Taking the line that contains "(p q : Paging) (i j v w x : ℕ)" as the first, copy exactly every line through the last line of the records, and nothing else.

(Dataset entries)
▶
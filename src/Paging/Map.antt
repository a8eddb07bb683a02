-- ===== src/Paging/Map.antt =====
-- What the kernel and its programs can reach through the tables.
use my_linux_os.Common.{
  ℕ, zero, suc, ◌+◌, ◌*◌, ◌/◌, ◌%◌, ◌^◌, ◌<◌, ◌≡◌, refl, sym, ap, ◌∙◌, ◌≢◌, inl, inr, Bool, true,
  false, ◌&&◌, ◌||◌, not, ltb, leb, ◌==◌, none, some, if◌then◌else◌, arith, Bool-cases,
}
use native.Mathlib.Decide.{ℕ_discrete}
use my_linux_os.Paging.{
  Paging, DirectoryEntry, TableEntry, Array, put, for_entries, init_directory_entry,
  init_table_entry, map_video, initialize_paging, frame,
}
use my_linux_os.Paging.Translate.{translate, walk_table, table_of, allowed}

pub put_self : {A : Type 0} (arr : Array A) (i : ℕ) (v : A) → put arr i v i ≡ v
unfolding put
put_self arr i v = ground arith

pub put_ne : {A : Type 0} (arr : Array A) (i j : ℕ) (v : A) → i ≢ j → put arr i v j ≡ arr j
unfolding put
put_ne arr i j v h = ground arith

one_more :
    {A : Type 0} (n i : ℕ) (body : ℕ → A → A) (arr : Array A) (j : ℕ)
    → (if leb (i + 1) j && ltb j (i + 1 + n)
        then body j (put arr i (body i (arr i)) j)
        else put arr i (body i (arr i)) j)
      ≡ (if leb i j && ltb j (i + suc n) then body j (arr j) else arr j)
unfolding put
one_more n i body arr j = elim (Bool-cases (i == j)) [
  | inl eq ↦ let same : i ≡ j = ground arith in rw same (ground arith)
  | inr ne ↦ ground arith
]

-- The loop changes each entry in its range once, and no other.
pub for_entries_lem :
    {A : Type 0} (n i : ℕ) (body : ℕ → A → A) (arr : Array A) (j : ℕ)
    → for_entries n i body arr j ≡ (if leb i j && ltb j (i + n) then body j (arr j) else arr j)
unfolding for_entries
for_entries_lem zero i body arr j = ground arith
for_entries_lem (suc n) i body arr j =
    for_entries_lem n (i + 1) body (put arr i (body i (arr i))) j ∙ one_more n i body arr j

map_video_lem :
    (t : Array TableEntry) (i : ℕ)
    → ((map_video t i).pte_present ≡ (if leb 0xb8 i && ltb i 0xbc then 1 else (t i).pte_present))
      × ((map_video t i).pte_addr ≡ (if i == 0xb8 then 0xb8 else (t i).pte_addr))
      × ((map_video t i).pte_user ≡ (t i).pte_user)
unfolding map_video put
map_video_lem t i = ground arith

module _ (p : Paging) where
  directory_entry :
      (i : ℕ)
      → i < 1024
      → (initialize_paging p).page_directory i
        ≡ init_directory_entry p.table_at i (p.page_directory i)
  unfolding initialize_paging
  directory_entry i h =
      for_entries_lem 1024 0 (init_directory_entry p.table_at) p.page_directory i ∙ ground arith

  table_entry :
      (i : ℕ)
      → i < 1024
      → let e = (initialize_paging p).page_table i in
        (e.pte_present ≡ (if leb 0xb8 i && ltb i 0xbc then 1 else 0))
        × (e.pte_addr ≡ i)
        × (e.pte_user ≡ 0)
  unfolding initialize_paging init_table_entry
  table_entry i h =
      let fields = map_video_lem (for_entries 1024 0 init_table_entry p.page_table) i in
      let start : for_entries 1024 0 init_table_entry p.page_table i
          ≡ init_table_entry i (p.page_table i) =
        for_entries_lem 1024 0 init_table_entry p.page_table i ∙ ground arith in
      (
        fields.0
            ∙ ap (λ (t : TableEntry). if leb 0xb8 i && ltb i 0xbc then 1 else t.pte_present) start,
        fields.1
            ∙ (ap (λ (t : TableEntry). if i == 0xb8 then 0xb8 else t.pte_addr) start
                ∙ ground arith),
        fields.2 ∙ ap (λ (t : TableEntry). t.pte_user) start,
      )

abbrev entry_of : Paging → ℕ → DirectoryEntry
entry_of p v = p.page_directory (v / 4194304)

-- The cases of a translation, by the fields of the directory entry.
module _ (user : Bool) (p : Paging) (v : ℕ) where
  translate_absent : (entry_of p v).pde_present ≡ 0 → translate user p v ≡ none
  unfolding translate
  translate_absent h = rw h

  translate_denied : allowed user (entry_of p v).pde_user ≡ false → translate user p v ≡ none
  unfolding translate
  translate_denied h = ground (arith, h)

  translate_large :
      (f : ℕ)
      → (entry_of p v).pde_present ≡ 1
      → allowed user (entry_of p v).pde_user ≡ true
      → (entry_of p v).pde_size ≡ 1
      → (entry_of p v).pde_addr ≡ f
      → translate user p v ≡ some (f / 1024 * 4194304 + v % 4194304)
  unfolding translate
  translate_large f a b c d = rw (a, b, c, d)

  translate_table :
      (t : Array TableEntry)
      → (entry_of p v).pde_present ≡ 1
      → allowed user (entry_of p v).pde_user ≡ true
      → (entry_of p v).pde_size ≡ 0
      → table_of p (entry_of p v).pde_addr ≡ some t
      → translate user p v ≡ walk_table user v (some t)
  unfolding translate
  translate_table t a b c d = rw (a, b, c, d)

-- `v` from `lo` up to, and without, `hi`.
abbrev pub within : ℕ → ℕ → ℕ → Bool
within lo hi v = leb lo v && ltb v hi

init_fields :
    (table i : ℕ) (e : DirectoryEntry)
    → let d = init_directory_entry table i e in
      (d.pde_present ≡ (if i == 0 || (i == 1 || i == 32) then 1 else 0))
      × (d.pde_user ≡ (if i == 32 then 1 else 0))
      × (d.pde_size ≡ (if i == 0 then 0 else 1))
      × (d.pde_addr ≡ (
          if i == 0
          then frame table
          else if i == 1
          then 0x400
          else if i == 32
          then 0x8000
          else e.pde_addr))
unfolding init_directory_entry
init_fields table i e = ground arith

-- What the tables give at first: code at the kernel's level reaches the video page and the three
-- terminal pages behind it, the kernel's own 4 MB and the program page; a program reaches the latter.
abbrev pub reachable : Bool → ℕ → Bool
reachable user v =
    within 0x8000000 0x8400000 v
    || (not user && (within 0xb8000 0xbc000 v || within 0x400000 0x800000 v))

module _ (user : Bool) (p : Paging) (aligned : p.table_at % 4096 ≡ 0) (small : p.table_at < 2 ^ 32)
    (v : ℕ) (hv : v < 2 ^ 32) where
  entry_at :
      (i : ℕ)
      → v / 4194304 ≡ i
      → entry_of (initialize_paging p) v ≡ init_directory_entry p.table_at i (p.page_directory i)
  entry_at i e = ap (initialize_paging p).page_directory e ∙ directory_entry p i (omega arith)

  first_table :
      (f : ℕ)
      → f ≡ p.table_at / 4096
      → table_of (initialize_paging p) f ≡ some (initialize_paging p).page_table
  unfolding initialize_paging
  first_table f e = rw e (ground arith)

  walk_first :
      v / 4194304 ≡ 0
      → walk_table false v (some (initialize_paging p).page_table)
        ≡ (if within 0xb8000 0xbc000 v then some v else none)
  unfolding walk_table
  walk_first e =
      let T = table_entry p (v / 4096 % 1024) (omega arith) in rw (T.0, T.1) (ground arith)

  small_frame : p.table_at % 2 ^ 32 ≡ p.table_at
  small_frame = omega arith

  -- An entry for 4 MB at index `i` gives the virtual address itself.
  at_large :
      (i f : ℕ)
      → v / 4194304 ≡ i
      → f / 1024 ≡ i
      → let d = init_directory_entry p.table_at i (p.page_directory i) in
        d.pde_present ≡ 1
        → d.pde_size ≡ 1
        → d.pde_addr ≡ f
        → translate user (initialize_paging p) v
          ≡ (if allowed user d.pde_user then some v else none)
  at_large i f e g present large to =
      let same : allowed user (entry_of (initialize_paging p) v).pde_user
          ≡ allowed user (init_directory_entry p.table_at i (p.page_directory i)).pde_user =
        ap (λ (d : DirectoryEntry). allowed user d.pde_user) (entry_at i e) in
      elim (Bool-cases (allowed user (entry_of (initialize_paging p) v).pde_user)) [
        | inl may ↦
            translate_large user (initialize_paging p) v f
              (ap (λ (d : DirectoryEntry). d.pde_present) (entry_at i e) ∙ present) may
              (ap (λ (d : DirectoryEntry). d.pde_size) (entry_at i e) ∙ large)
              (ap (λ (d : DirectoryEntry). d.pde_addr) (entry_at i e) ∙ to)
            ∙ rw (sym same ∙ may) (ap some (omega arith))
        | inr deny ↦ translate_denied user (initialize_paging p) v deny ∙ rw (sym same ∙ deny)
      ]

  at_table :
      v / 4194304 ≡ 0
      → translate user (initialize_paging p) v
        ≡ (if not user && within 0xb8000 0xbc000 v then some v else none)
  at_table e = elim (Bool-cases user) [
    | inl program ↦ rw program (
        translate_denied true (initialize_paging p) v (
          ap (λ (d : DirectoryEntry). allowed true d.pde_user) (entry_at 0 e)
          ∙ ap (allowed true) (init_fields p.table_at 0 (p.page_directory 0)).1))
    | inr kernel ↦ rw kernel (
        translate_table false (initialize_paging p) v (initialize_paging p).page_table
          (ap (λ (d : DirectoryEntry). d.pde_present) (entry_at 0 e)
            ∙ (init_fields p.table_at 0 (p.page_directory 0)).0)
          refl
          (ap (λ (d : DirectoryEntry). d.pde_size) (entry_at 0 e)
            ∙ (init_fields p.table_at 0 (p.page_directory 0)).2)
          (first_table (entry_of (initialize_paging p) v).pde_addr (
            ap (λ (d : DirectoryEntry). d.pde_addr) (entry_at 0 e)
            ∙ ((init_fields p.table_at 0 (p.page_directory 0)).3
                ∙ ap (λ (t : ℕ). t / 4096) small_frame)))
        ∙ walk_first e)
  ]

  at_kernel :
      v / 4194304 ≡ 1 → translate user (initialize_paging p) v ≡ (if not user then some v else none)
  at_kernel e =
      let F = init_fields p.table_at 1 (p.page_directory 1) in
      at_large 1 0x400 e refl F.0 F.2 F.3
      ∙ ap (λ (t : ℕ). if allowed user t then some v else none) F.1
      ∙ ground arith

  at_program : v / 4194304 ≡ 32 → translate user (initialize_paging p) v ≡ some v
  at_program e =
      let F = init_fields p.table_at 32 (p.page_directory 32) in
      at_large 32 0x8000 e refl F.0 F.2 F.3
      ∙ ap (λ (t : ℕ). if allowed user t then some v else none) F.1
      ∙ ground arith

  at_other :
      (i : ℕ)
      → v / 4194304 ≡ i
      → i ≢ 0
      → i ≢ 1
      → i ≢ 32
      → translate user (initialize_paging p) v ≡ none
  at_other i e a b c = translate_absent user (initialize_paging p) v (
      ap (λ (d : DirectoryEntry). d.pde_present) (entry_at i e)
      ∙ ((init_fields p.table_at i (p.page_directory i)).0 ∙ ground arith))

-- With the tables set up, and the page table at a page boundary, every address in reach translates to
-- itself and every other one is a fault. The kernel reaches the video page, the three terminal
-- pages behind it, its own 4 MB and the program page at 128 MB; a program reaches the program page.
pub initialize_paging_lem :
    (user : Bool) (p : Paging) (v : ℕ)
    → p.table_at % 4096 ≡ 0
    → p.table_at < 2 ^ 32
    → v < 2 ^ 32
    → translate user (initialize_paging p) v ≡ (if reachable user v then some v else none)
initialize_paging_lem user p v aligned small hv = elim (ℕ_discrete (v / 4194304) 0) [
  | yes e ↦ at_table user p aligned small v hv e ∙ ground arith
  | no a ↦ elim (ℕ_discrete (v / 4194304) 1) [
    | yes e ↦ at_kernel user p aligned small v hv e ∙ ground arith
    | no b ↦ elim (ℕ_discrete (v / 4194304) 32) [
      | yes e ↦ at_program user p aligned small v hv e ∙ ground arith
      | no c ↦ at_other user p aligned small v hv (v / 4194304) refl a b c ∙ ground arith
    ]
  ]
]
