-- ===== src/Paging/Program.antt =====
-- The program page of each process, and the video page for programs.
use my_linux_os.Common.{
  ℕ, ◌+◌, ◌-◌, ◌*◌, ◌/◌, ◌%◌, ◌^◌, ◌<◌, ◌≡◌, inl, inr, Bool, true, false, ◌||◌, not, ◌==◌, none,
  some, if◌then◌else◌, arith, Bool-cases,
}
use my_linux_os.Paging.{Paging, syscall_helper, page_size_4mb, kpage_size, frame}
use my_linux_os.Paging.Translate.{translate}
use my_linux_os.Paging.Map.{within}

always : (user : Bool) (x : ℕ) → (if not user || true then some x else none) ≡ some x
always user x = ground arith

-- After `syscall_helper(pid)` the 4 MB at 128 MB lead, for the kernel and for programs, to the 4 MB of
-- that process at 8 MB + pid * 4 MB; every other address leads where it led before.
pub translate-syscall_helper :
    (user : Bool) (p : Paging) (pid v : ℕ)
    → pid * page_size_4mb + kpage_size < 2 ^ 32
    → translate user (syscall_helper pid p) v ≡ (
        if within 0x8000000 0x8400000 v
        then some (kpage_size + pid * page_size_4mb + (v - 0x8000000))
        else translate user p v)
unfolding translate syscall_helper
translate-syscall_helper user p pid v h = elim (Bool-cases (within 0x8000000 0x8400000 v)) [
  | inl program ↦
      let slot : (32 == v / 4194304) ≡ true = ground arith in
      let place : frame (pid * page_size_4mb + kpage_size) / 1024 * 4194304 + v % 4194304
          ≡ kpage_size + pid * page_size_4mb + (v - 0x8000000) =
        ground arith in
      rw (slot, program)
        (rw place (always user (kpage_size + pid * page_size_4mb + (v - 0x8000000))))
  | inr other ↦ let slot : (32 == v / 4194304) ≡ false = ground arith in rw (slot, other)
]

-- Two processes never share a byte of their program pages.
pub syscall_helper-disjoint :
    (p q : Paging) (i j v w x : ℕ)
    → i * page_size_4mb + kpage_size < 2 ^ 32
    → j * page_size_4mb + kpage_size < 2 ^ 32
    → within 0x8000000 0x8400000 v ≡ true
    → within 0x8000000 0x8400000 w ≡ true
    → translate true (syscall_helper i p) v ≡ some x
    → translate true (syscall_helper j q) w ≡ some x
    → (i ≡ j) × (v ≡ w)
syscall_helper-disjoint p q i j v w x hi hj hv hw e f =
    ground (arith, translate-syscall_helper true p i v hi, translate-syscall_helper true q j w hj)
◀
*Response to the task*:
    (p q : Paging) (i j v w x : ℕ)
    → i * page_size_4mb + kpage_size < 2 ^ 32
    → j * page_size_4mb + kpage_size < 2 ^ 32
    → within 0x8000000 0x8400000 v ≡ true
    → within 0x8000000 0x8400000 w ≡ true
    → translate true (syscall_helper i p) v ≡ some x
    → translate true (syscall_helper j q) w ≡ some x
    → (i ≡ j) × (v ≡ w)
syscall_helper-disjoint p q i j v w x hi hj hv hw e f =
    ground (arith, translate-syscall_helper true p i v hi, translate-syscall_helper true q j w hj)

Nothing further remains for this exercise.